== Given data ==
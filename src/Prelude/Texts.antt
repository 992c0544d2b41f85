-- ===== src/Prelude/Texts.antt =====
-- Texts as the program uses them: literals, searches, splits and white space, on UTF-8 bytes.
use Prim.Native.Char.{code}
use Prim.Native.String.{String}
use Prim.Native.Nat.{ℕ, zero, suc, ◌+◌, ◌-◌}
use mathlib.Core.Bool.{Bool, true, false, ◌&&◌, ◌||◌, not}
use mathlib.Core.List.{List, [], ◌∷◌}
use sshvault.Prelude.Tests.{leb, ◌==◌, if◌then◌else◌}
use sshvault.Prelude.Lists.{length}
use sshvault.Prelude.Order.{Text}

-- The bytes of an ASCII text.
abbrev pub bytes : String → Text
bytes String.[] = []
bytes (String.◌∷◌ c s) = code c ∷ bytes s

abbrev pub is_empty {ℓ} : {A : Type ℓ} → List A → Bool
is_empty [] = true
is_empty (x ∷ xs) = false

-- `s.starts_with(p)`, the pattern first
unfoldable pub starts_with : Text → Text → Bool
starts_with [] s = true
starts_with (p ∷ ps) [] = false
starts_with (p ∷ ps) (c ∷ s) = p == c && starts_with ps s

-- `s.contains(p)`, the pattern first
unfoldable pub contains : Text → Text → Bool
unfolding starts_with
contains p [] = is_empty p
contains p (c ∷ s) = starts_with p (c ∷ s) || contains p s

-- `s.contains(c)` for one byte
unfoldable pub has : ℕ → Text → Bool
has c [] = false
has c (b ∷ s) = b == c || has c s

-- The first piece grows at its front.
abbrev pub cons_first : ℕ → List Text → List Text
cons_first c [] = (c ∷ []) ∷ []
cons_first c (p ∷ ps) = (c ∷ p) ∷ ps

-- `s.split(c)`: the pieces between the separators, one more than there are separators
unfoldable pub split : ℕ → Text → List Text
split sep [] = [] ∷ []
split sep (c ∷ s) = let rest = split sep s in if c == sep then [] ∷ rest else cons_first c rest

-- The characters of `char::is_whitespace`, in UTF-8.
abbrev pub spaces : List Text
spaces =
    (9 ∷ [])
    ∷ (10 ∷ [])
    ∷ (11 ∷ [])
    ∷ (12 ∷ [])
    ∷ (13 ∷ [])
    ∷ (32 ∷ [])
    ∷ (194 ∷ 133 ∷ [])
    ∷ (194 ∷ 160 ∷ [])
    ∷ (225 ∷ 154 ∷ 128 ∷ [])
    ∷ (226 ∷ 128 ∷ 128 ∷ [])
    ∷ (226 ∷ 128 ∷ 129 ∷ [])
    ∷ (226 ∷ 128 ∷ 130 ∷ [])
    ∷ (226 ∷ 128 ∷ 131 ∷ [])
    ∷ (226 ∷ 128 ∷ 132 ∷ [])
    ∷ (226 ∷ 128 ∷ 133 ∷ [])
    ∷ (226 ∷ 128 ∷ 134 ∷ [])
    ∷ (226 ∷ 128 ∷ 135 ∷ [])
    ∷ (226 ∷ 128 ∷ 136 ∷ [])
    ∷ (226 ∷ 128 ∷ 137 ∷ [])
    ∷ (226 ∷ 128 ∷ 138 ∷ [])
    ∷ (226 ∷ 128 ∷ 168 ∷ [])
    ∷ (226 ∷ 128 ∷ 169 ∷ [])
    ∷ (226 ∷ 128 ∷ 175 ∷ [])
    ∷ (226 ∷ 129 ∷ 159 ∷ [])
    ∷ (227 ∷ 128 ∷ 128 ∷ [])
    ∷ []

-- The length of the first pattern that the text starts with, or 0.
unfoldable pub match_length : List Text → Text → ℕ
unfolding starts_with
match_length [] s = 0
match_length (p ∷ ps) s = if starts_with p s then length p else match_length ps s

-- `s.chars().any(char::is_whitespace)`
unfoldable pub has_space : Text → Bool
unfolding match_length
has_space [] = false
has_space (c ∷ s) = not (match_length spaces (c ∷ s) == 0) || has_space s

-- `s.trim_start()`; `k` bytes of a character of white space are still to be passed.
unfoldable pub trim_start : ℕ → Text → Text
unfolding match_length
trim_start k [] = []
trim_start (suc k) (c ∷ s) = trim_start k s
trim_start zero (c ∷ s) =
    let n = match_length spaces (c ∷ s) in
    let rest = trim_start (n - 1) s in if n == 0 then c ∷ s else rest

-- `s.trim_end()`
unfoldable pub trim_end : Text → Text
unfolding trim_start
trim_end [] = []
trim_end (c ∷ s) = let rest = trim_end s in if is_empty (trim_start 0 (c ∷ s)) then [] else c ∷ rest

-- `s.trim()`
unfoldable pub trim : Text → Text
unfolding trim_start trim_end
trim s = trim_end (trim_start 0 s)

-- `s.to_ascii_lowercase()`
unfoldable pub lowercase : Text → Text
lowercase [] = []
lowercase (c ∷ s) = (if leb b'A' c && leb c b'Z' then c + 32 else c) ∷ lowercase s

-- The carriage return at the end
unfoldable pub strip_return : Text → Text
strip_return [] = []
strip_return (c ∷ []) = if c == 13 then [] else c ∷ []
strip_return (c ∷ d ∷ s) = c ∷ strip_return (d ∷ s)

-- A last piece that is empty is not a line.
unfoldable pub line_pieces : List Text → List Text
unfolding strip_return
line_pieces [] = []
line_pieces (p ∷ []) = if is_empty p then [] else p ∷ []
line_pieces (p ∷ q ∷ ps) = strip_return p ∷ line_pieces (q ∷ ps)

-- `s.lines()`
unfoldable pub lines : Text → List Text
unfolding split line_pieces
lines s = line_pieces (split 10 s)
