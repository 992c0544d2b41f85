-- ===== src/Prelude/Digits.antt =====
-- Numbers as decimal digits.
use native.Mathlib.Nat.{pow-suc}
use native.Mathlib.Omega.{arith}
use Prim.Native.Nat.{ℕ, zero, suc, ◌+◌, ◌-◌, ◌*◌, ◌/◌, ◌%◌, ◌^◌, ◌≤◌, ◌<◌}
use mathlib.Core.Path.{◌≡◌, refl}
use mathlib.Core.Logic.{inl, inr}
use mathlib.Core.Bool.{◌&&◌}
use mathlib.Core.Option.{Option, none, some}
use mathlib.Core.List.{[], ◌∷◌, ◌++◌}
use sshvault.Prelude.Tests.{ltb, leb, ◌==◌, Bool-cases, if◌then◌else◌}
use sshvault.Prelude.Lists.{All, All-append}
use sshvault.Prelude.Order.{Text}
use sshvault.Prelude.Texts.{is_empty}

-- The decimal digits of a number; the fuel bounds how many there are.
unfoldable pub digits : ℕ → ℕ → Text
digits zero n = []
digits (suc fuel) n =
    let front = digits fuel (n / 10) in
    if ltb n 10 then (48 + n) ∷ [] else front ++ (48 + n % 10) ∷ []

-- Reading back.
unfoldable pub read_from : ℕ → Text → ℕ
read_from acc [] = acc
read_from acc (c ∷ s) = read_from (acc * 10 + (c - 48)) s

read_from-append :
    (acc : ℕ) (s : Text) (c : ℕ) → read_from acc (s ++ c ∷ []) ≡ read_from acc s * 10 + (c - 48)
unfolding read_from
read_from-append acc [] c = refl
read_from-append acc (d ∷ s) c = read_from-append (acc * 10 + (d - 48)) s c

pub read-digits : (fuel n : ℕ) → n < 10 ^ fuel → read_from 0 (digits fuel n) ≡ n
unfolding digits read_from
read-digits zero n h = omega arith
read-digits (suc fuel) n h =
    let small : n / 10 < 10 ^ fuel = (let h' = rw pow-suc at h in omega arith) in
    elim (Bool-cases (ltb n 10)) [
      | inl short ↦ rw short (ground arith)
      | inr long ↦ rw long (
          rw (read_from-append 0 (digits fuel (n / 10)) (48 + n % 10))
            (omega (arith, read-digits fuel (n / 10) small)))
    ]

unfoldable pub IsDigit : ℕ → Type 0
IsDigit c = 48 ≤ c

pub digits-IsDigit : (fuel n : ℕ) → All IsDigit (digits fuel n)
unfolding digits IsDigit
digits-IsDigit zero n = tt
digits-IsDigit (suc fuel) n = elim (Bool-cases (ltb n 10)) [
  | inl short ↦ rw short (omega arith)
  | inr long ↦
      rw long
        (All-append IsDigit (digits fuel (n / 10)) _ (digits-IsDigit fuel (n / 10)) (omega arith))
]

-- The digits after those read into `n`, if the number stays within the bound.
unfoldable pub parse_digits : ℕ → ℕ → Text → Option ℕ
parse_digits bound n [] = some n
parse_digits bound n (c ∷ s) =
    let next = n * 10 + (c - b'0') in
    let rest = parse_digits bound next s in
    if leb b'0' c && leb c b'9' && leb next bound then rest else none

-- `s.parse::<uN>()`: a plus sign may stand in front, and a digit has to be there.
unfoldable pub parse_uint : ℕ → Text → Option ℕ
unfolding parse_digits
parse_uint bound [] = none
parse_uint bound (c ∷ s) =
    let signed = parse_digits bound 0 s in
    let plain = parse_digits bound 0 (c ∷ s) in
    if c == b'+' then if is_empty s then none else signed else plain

== Aim of the exercise ==
Wherever the line holding "-- The decimal" falls in the entries above, copy exactly from it through the line holding "read_from acc [] = acc", inclusive, and add nothing.

== Result of the task ==
-- The decimal digits of a number; the fuel bounds how many there are.
unfoldable pub digits : ℕ → ℕ → Text
digits zero n = []
digits (suc fuel) n =
    let front = digits fuel (n / 10) in
    if ltb n 10 then (48 + n) ∷ [] else front ++ (48 + n % 10) ∷ []

-- Reading back.
unfoldable pub read_from : ℕ → Text → ℕ
read_from acc [] = acc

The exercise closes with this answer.